Introduction
On October 1st, 1877, Dr Elizabeth Garrett Anderson gave the Inaugural Address at the London School of Medicine for Women, which she had helped to establish three years earlier. Only the previous year, the UK Medical Act had allowed the country’s medical authorities to license women as doctors for the first time, and it is difficult to think of better advice to anyone hoping to bring about important social change.
IN conclusion I would beg you to remember two points.* The first is that without indulging in any high flown estimates of our own importance, it is impossible to deny that the future success of our cause depends very much upon the judgment and moderation, as well as upon the zeal of its earliest advocates.* In England, where the conservative instinct is so strong and so general,* it is of paramount importance, if we would carry the community with us, not to put ourselves needlessly in opposition to this instinct by any want of good taste or even by want of deference to the taste of the community. “All things are lawful, but all things are not expedient”* and it is not for us who are in charge of this question to endanger it by tilting against everything else capable of being improved. Let us reserve ourselves for our own work and peg away manfully at that, trying in all legitimate ways to carry opinion with us.

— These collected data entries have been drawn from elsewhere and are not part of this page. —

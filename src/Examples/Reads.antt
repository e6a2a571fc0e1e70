-- ===== src/Examples/Reads.antt =====
-- Runs of the predicate evaluator.
use decision_ledger.Prelude.{
  ◌≡◌, refl, ◌↔◌, Bool, true, false, [], ◌∷◌, ok, raised, ◌||◌, eq_iff, arith,
}
use mathlib.Core.Path.{subst}
use decision_ledger.Prelude.Text.{remove_prefix, after_prefix}
use decision_ledger.Prelude.Number.{pos}
use decision_ledger.Predicate.{
  integer, nil, cons, all_of, any_of, negation, Subject, missing_feature, lookup, resolve, evaluate,
  referenced_fields,
}
use decision_ledger.Predicate.Valid.{is_valid, is_addressable, value_fits_op}
use decision_ledger.Predicate.Errors.{Blamed, evaluate-raised}
use decision_ledger.Predicate.Reads.{
  SameReads, EachHolds, SomeHolds, evaluate-SameReads, evaluate-holds_iff,
}
use decision_ledger.Examples.Data.{trusted, evidence}

abbrev unknown : Subject
unknown = record { label_value = integer (pos 1); feature_set = [] }

abbrev relabelled : Subject
relabelled = record { label_value = integer (pos 2); feature_set = ("age", integer (pos 3)) ∷ [] }

fails : evaluate trusted.predicate unknown ≡ raised (missing_feature "age")
unfolding evaluate resolve lookup remove_prefix
fails = refl

valid : is_valid trusted.predicate ≡ true
unfolding is_valid is_addressable after_prefix value_fits_op
valid = refl

evaluate-raised_example :
    Blamed (referenced_fields trusted.predicate) unknown (missing_feature "age")
evaluate-raised_example =
    evaluate-raised trusted.predicate unknown (missing_feature "age") valid fails

or-false : (b : Bool) → (b || false) ≡ true → b ≡ true
or-false b h = ground arith

same_reading : resolve "feature_set.age" evidence.subject ≡ resolve "feature_set.age" relabelled
unfolding resolve lookup remove_prefix
same_reading = refl

same_age : SameReads (referenced_fields trusted.predicate) evidence.subject relabelled
unfolding referenced_fields
same_age field listed =
    subst (λ f. resolve f evidence.subject ≡ resolve f relabelled)
      ((eq_iff "feature_set.age" field).0 (or-false _ listed)) same_reading

evaluate-SameReads_example :
    evaluate trusted.predicate evidence.subject ≡ evaluate trusted.predicate relabelled
evaluate-SameReads_example =
    evaluate-SameReads evidence.subject relabelled trusted.predicate same_age

evaluate-holds_iff_example :
    ((evaluate (all_of (cons trusted.predicate nil)) evidence.subject ≡ ok true)
      ↔ EachHolds (cons trusted.predicate nil) evidence.subject)
    × ((evaluate (any_of (cons trusted.predicate nil)) evidence.subject ≡ ok true)
        ↔ SomeHolds (cons trusted.predicate nil) evidence.subject)
    × ((evaluate (negation trusted.predicate) evidence.subject ≡ ok true)
        ↔ (evaluate trusted.predicate evidence.subject ≡ ok false))
evaluate-holds_iff_example =
    evaluate-holds_iff (cons trusted.predicate nil) trusted.predicate evidence.subject
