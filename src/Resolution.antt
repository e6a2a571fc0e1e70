-- ===== src/Resolution.antt =====
-- core/resolution and app/audit/resolution_journal.py: the append-only journal of attempts to resolve
-- a decision that is not terminal, and the action that is realized. The table is a list of rows in
-- the order of insertion, with its keys, attempt_id and (decision_id, sequence), and its reference to the
-- table of bundles.
pub mod Laws
use decision_ledger.Prelude.{
  ℕ, String, Bool, true, false, ◌&&◌, Option, none, some, List, [], ◌∷◌, ◌++◌, any, select, eqb,
  leb, ◌==◌, if◌then◌else◌, not, Outcome, ok, raised, require, ◌>>=◌, ◌>>◌,
}
use decision_ledger.Actions.{DecisionAction, allow, challenge, hold, block}

pub data ResolutionStatus : Type 0 where
  pending completed escalated expired : ResolutionStatus

-- The two subclasses of `ResolutionAttempt`, with the fields that they add.
pub data AttemptKind : Type 0 where
  human : Option String → Option String → AttemptKind
  sla_default : String → ℕ → AttemptKind

pub record ResolutionAttempt : Type 0 where
  pub decision_id : String
  pub attempt_id : String
  pub sequence : ℕ
  pub started_at : ℕ
  pub completed_at : Option ℕ
  pub kind : AttemptKind
  pub resolver_id : String
  pub status : ResolutionStatus
  pub resolution_action : Option DecisionAction
  pub note : String

abbrev pub Journal : Type 0
Journal = List ResolutionAttempt

-- The violations of the table's constraints.
pub data JournalError : Type 0 where
  attempt_id_exists unknown_decision : String → JournalError
  attempt_exists : String → ℕ → JournalError

pub same_attempt : ResolutionAttempt → ResolutionAttempt → Bool
same_attempt a b = a.decision_id == b.decision_id && eqb a.sequence b.sequence

-- `record_attempt`; `is_stored` says which decisions the bundles' table holds, for the foreign key.
unfoldable pub record_attempt :
    (String → Bool) → ResolutionAttempt → Journal → Outcome JournalError Journal
unfolding same_attempt
record_attempt is_stored attempt rows = do
  require (not (any (λ a. a.attempt_id == attempt.attempt_id) rows))
      (attempt_id_exists attempt.attempt_id)
  require (not (any (same_attempt attempt) rows))
      (attempt_exists attempt.decision_id attempt.sequence)
  require (is_stored attempt.decision_id) (unknown_decision attempt.decision_id)
  ok (rows ++ attempt ∷ [])

-- One step of `ORDER BY attempt_sequence ASC`.
pub insert_attempt : ResolutionAttempt → List ResolutionAttempt → List ResolutionAttempt
insert_attempt a [] = a ∷ []
insert_attempt a (b ∷ attempts) =
    let rest = insert_attempt a attempts in
    if leb a.sequence b.sequence then a ∷ b ∷ attempts else b ∷ rest

pub in_sequence : List ResolutionAttempt → List ResolutionAttempt
unfolding insert_attempt
in_sequence [] = []
in_sequence (a ∷ attempts) = insert_attempt a (in_sequence attempts)

abbrev pub attempts_of : Journal → String → List ResolutionAttempt
attempts_of rows decision_id = select (λ a. a.decision_id == decision_id) rows

-- `load_attempts`
unfoldable pub load_attempts : Journal → String → List ResolutionAttempt
unfolding in_sequence
load_attempts rows decision_id = in_sequence (attempts_of rows decision_id)

abbrev pub is_terminal : DecisionAction → Bool
is_terminal allow = true
is_terminal challenge = false
is_terminal hold = false
is_terminal block = true

-- The first terminal `resolution_action` of the chain.
unfoldable pub first_terminal : List ResolutionAttempt → Option DecisionAction
first_terminal [] = none
first_terminal (a ∷ attempts) =
    let rest = first_terminal attempts in
    elim a.resolution_action [
      | none ↦ rest
      | some action ↦ if is_terminal action then some action else rest
    ]

-- `realized_action`
unfoldable pub realized_action : Journal → String → DecisionAction → Option DecisionAction
realized_action rows decision_id decision_action =
    if is_terminal decision_action
    then some decision_action
    else first_terminal (load_attempts rows decision_id)

last_status : List ResolutionAttempt → Option ResolutionStatus
last_status [] = none
last_status (a ∷ []) = some a.status
last_status (a ∷ b ∷ attempts) = last_status (b ∷ attempts)

-- `resolution_status`: of the most recent attempt.
unfoldable pub resolution_status : Journal → String → Option ResolutionStatus
unfolding last_status
resolution_status rows decision_id = last_status (load_attempts rows decision_id)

* Elizabeth Garrett Anderson was born Elizabeth Garrett on June 9th, 1836, and married James George Skelton Anderson in 1871. The couple had three children, Louisa (1873–1943), Margaret (1874–1875) and Alan (1877–1952). Louisa went on to be Chief Surgeon of the Women’s Hospital Corps and a Fellow of the Royal Society of Medicine; Alan followed his father into the shipping business, and became a Conservative MP for the City of London and a Knight Commander of the Order of the British Empire. Elizabeth’s sister Millicent Fawcett (1847-1929) was a vigorous campaigner for women’s suffrage.

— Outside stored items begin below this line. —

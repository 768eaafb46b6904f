-- ===== src/MatchStart/Actions/Kept.antt =====
-- The statements on the table of listeners keep the number of those that run in a chat within a limit
-- (osubot-core/src/storage.rs).
use osubot_rs.Prelude.{
  ℕ, ◌≤◌, ◌<◌, ◌≡◌, refl, Bool, true, Option, ℤ, eq_i64, eq_i64_same, arith, All, Bool-cases, inl,
  inr,
}
use osubot_rs.MatchStart.Actions.{Table}
use osubot_rs.Database.Table.{update_where, count_where}
use osubot_rs.Database.Table.Counts.{
  count-update-le, count-upsert-le, count-upsert-elsewhere, All-update, All-upsert,
}
use osubot_rs.Database.Listeners.{
  MatchListener, MatchListenerStartParams, is_private, at_key, restarted, new_row, deactivated,
  progressed, runs_in_group, start_match_listener, update_match_listener_progress,
}
use osubot_rs.MatchStart.Actions.Chats.{Keyed, NotAfter, later}

pub record Kept (max : ℕ) (t : ℤ) (rows : Table) : Type 0 where
  pub keyed : All Keyed rows
  pub within : (key : ℤ) → count_where (runs_in_group key t) rows ≤ max

pub Kept-later :
    (max : ℕ) (a b : ℤ) (rows : Table) → NotAfter a b → Kept max a rows → Kept max b rows
Kept-later max a b rows h k = record {
  keyed = k.keyed;
  within = λ key. ground (arith, later key a b rows h, k.within key);
}

-- An update that makes no row run, and leaves the keys.
pub Kept-update :
    (max : ℕ) (t : ℤ) (p : MatchListener → Bool) (set : MatchListener → MatchListener)
    (rows : Table)
    → ((l : MatchListener) → Keyed l → Keyed (set l))
    → ((key : ℤ) (l : MatchListener)
        → runs_in_group key t (set l) ≡ true
        → runs_in_group key t l ≡ true)
    → Kept max t rows
    → Kept max t (update_where p set rows)
Kept-update max t p set rows same less k = record {
  keyed = All-update Keyed p set rows same k.keyed;
  within = λ key.
      ground
        (arith, k.within key, count-update-le (runs_in_group key t) p set rows (λ l _. less key l));
}

pub Kept-stopped :
    (max : ℕ) (t : ℤ) (p : MatchListener → Bool) (rows : Table)
    → Kept max t rows
    → Kept max t (update_where p deactivated rows)
unfolding is_private
Kept-stopped max t p rows k =
    Kept-update max t p deactivated rows (λ l h. h) (λ key l r. ground arith) k

pub Kept-progressed :
    (max : ℕ) (t m g : ℤ) (a b c : Option ℤ) (d : Option ℕ) (rows : Table)
    → Kept max t rows
    → Kept max t (update_match_listener_progress m g a b c d rows)
unfolding update_match_listener_progress is_private
Kept-progressed max t m g a b c d rows k =
    Kept-update max t (at_key m g) (progressed a b c d) rows (λ l h. h) (λ key l r. r) k

-- The parameters have the key of a chat.
abbrev pub ParamsKeyed : MatchListenerStartParams → Type 0
ParamsKeyed p =
    (l : MatchListener)
    → l.user_id ≡ p.user_id
    → l.notification_type ≡ p.notification_type
    → l.group_id ≡ p.group_id
    → Keyed l

-- A start at a key whose count is below the limit.
pub Kept-started :
    (max : ℕ) (t : ℤ) (p : MatchListenerStartParams) (created : ℕ) (rows : Table)
    → ParamsKeyed p
    → count_where (runs_in_group p.group_id t) rows < max
    → Kept max t rows
    → Kept max t (start_match_listener p created t rows)
unfolding start_match_listener
Kept-started max t p created rows keyed free k = record {
  keyed =
      All-upsert Keyed (at_key p.match_id p.group_id) (restarted p created t) (new_row p created)
        rows (keyed (new_row p created) refl refl refl)
        (λ l at _. keyed (restarted p created t l) refl refl (has_key p l at)) k.keyed;
  within = λ key. elim (Bool-cases (eq_i64 p.group_id key)) [
    | inl q ↦ rw (← eq_i64_same p.group_id key q) ground (
      arith,
      free,
      count-upsert-le (runs_in_group p.group_id t) (at_key p.match_id p.group_id)
          (restarted p created t) (new_row p created) rows,
    )
    | inr q ↦ ground (
      arith,
      k.within key,
      count-upsert-elsewhere (runs_in_group key t) (at_key p.match_id p.group_id)
          (restarted p created t) (new_row p created) rows (rw (q) refl)
          (λ l at. rw (has_key p l at, q) refl),
    )
  ];
}
  where
    has_key :
        (p : MatchListenerStartParams) (l : MatchListener)
        → at_key p.match_id p.group_id l ≡ true
        → l.group_id ≡ p.group_id
    has_key p l at = eq_i64_same l.group_id p.group_id (ground arith)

* The principle that judgment and moderation must guide any serious reformer remained with Anderson throughout her life. A pioneer in the campaign for Women’s Suffrage, she joined Emily Davies and John Stuart Mill in preparing a petition for Parliament in 1866, which sadly was unsuccessful: see Imagine. Unlike her sister Millicent, however, and her daughter Louisa, Anderson regretted the movement’s increasingly antagonistic approach of later years and withdrew from active involvement in 1911. See posts tagged Women’s Suffrage Movement (4).
* Here, Anderson uses the word ‘conservative’ to mean ‘resistant to change’. In that sense, all the major parties were disappointingly conservative when it came to broadening the roles of women in society. At the time, Elizabeth, Louisa and Millicent identified as Liberals and Unionists: they disapproved strongly of nannying regulation, and believed in free markets, family life, individual liberty tempered by social responsibility, and the sovereign integrity of the United Kingdom. Today, such views would see them labelled Thatcherite Conservatives.

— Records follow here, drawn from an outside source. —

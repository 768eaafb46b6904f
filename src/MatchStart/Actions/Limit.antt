-- ===== src/MatchStart/Actions/Limit.antt =====
-- How many listeners of a chat run at once (osubot/src/command/match_listen.rs and
-- osubot-core/src/storage.rs).
use osubot_rs.Prelude.{
  ℕ, zero, suc, ◌≤◌, ◌<◌, refl, not, ◌&&◌, Option, none, some, ltb, ℤ, pos, negsuc, eq_i64, lt_i64,
  arith, [], Bool-cases, inl, inr,
}
use osubot_rs.Text.{text_eq}
use osubot_rs.Types.{MatchListenAction}
use osubot_rs.Poller.{MatchListenConfig}
use osubot_rs.MatchStart.{as_i64, initial_cursor_from_response, InitialMatchCursor}
use osubot_rs.MatchStart.Actions.{
  Attempt, LegacyMatchResponse, Table, execute_ml_action, execute_start, execute_stop,
  execute_stop_all, counted, group_or_private_key, started_with, start_params, runs_already,
}
use osubot_rs.Database.Table.{count_where}
use osubot_rs.Database.Listeners.{
  MatchListener, is_private, at_key, runs_in_group, stop_match_listener,
  stop_all_match_listeners_in_group, update_match_listener_progress, expire_old_match_listeners,
  count_active_match_listeners_in_group, get_match_listener,
}
use osubot_rs.MatchStart.Actions.Chats.{IsChat, NotAfter, NotAfter-trans, later, counted_key}
use osubot_rs.MatchStart.Actions.Kept.{
  Kept, Kept-later, Kept-stopped, Kept-progressed, ParamsKeyed, Kept-started,
}

module _ {Content : Type 0} where
  -- The statements of an action run one after another, from the time `b` to the time `e`.
  abbrev pub Between : ℤ → Attempt Content → ℤ → Type 0
  Between b a e =
      NotAfter b a.asked_at
      × NotAfter a.asked_at a.counted_at
      × NotAfter a.counted_at a.started_at
      × NotAfter a.started_at e

-- What happens to the table: actions of chats, stores of the poller and the clean-up, each after
-- the one before, up to a time.
pub data Served (Content : Type 0) (cfg : MatchListenConfig) : ℤ → Table → Type 0 where
  opened : (t : ℤ) → Served Content cfg t []
  acted :
      (b e : ℤ) (rows : Table) (a : Attempt Content) (action : MatchListenAction) (g : Option ℤ)
      (u : ℤ)
      → Served Content cfg b rows
      → Between b a e
      → IsChat g u
      → Served Content cfg e (execute_ml_action cfg a action g u rows).1
  polled :
      (t m g : ℤ) (last notified pending : Option ℤ) (touched : Option ℕ) (rows : Table)
      → Served Content cfg t rows
      → Served Content cfg t (update_match_listener_progress m g last notified pending touched rows)
  cleaned :
      (t now : ℤ) (rows : Table)
      → Served Content cfg t rows
      → Served Content cfg t (expire_old_match_listeners now rows)
  passed :
      (b e : ℤ) (rows : Table)
      → NotAfter b e
      → Served Content cfg b rows
      → Served Content cfg e rows

module _ {Content : Type 0} where
  params_keyed :
      (a : Attempt Content) (m : ℕ) (c : InitialMatchCursor) (g : Option ℤ) (u : ℤ)
      (r : LegacyMatchResponse Content)
      → IsChat g u
      → ParamsKeyed (start_params a m c g u r)
  unfolding start_params is_private text_eq
  params_keyed a m c none (pos (suc u)) r h l at_user at_type at_group =
      rw (at_user, at_type, at_group) refl
  params_keyed a m c none (pos zero) r h l at_user at_type at_group = elim h [ ]
  params_keyed a m c none (negsuc u) r h l at_user at_type at_group = elim h [ ]
  params_keyed a m c (some (pos g)) u r h l at_user at_type at_group =
      rw (at_user, at_type, at_group) tt
  params_keyed a m c (some (negsuc g)) u r h l at_user at_type at_group = elim h [ ]

  Kept-started_with :
      (max : ℕ) (a : Attempt Content) (m skip : ℕ) (g : Option ℤ) (u : ℤ)
      (r : Option (LegacyMatchResponse Content)) (rows : Table)
      → IsChat g u
      → count_where (runs_in_group (group_or_private_key g u) a.started_at) rows < max
      → Kept max a.started_at rows
      → Kept max a.started_at (started_with a m skip g u r rows).1
  unfolding started_with
  Kept-started_with max a m skip g u none rows c free k = k
  Kept-started_with max a m skip g u (some r) rows c free k =
      let cursor = initial_cursor_from_response r.latest_event_id r.events skip in
      elim (Bool-cases a.write_fails) [
        | inl q ↦ rw (q) k
        | inr q ↦ rw (q) (
            Kept-started max a.started_at (start_params a m cursor g u r) a.created_at rows
              (params_keyed a m cursor g u r c) free k)
      ]

  Between-ends : (b e : ℤ) (a : Attempt Content) → Between b a e → NotAfter b e
  Between-ends b e a (p, q, r, s) =
      NotAfter-trans b a.asked_at e p (
        NotAfter-trans a.asked_at a.counted_at e q (NotAfter-trans a.counted_at a.started_at e r s))

  Kept-start :
      (cfg : MatchListenConfig) (b e : ℤ) (a : Attempt Content) (m skip : ℕ) (g : Option ℤ) (u : ℤ)
      (rows : Table)
      → IsChat g u
      → Between b a e
      → Kept cfg.max_per_group b rows
      → Kept cfg.max_per_group e (execute_start cfg a m skip g u rows).1
  unfolding execute_start
  Kept-start cfg b e a m skip g u rows c (p, q, r, s) k =
      let key = group_or_private_key g u in
      let by_asked = NotAfter-trans b a.asked_at a.counted_at p q in
      let by_started = NotAfter-trans b a.counted_at a.started_at by_asked r in
      let idle = Kept-later cfg.max_per_group b e rows (Between-ends b e a (p, q, r, s)) k in
      elim (Bool-cases
        (not a.get_fails && runs_already a.asked_at (get_match_listener (as_i64 m) key rows))) [
          | inl x ↦ rw (x) idle
          | inr x ↦ elim (Bool-cases a.count_fails) [
            | inl y ↦ rw (x, y) idle
            | inr y ↦ elim (Bool-cases (ltb (counted a.counted_at g u rows) cfg.max_per_group)) [
              | inl z ↦
                  rw (x, y, z)
                    (Kept-later cfg.max_per_group a.started_at e
                      (started_with a m skip g u a.response rows).1 s
                      (Kept-started_with cfg.max_per_group a m skip g u a.response rows c
                        (ground (
                          arith,
                          z,
                          counted_key a.counted_at g u rows c k.keyed,
                          later key a.counted_at a.started_at rows r,
                        ))
                        (Kept-later cfg.max_per_group b a.started_at rows by_started k)))
              | inr z ↦ rw (x, y, z) idle
            ]
          ]
        ]

  Kept-stop :
      (max : ℕ) (t : ℤ) (a : Attempt Content) (m : ℕ) (g : Option ℤ) (u : ℤ) (rows : Table)
      → Kept max t rows
      → Kept max t (execute_stop a m g u rows).1
  unfolding execute_stop stop_match_listener
  Kept-stop max t a m g u rows k =
      let key = group_or_private_key g u in
      let p = λ (l : MatchListener). at_key (as_i64 m) key l && l.active in
      elim (Bool-cases a.write_fails) [
        | inl x ↦ rw (x) k
        | inr x ↦ elim (Bool-cases (ltb 0 (count_where p rows))) [
          | inl y ↦ rw (x, y) (Kept-stopped max t p rows k)
          | inr y ↦ rw (x, y) (Kept-stopped max t p rows k)
        ]
      ]

  Kept-stop_all :
      (max : ℕ) (t : ℤ) (a : Attempt Content) (g : Option ℤ) (u : ℤ) (rows : Table)
      → Kept max t rows
      → Kept max t (execute_stop_all a g u rows).1
  unfolding execute_stop_all stop_all_match_listeners_in_group
  Kept-stop_all max t a g u rows k =
      let p = λ (l : MatchListener). eq_i64 l.group_id (group_or_private_key g u) && l.active in
      elim (Bool-cases a.write_fails) [
        | inl x ↦ rw (x) k
        | inr x ↦ rw (x) (Kept-stopped max t p rows k)
      ]

  Kept-action :
      (cfg : MatchListenConfig) (b e : ℤ) (a : Attempt Content) (action : MatchListenAction)
      (g : Option ℤ) (u : ℤ) (rows : Table)
      → IsChat g u
      → Between b a e
      → Kept cfg.max_per_group b rows
      → Kept cfg.max_per_group e (execute_ml_action cfg a action g u rows).1
  unfolding execute_ml_action
  Kept-action cfg b e a (MatchListenAction.start m skip) g u rows c o k =
      Kept-start cfg b e a m skip g u rows c o k
  Kept-action cfg b e a (MatchListenAction.stop m) g u rows c o k =
      Kept-stop cfg.max_per_group e a m g u rows
        (Kept-later cfg.max_per_group b e rows (Between-ends b e a o) k)
  Kept-action cfg b e a MatchListenAction.stop_all g u rows c o k =
      Kept-stop_all cfg.max_per_group e a g u rows
        (Kept-later cfg.max_per_group b e rows (Between-ends b e a o) k)
  Kept-action cfg b e a MatchListenAction.list g u rows c o k =
      Kept-later cfg.max_per_group b e rows (Between-ends b e a o) k
  Kept-action cfg b e a (MatchListenAction.status m) g u rows c o k =
      Kept-later cfg.max_per_group b e rows (Between-ends b e a o) k

Kept-Served :
    {Content : Type 0} (cfg : MatchListenConfig) (t : ℤ) (rows : Table)
    → Served Content cfg t rows
    → Kept cfg.max_per_group t rows
unfolding count_where expire_old_match_listeners
Kept-Served cfg _ _ (opened t) = record { keyed = tt; within = λ key. omega arith }
Kept-Served cfg _ _ (acted b e rows a action g u s o c) =
    Kept-action cfg b e a action g u rows c o (Kept-Served cfg b rows s)
Kept-Served cfg _ _ (polled t m g l n p touched rows s) =
    Kept-progressed cfg.max_per_group t m g l n p touched rows (Kept-Served cfg t rows s)
Kept-Served cfg _ _ (cleaned t now rows s) =
    Kept-stopped cfg.max_per_group t (λ l. l.active && lt_i64 l.expires_at now) rows
      (Kept-Served cfg t rows s)
Kept-Served cfg _ _ (passed b e rows h s) =
    Kept-later cfg.max_per_group b e rows h (Kept-Served cfg b rows s)

-- When the actions are served one after another, no group and no private chat ever has more
-- listeners that run than the configured limit, whatever the actions, the polls and the clean-ups.
pub count_active-Served :
    {Content : Type 0} (cfg : MatchListenConfig) (now : ℤ) (rows : Table)
    → Served Content cfg now rows
    → (key : ℤ) → count_active_match_listeners_in_group key now rows ≤ cfg.max_per_group
unfolding count_active_match_listeners_in_group
count_active-Served cfg now rows s key = (Kept-Served cfg now rows s).within key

* See 1 Corinthians 6:12, 1 Corinthians 10:23. That is to say, thanks to the removal of various legal restrictions on women in medicine, women now had an opportunity to change many things, but not everything necessarily needed changing.
Précis
In 1877, the country’s first qualified woman doctor, Elizabeth Garrett Anderson, spoke to the new intake of students at the medical school she had founded three years earlier. She warned them that being pioneers required not only enthusiasm but restraint, and that their task was not wholesale revolution, but to win public support for women doctors by their example. (59 / 60 words)
In 1877, the country’s first qualified woman doctor, Elizabeth Garrett Anderson, spoke to the new intake of students at the medical school she had founded three years earlier. She warned them that being pioneers required not only enthusiasm but restraint, and that their task was not wholesale revolution, but to win public support for women doctors by their example.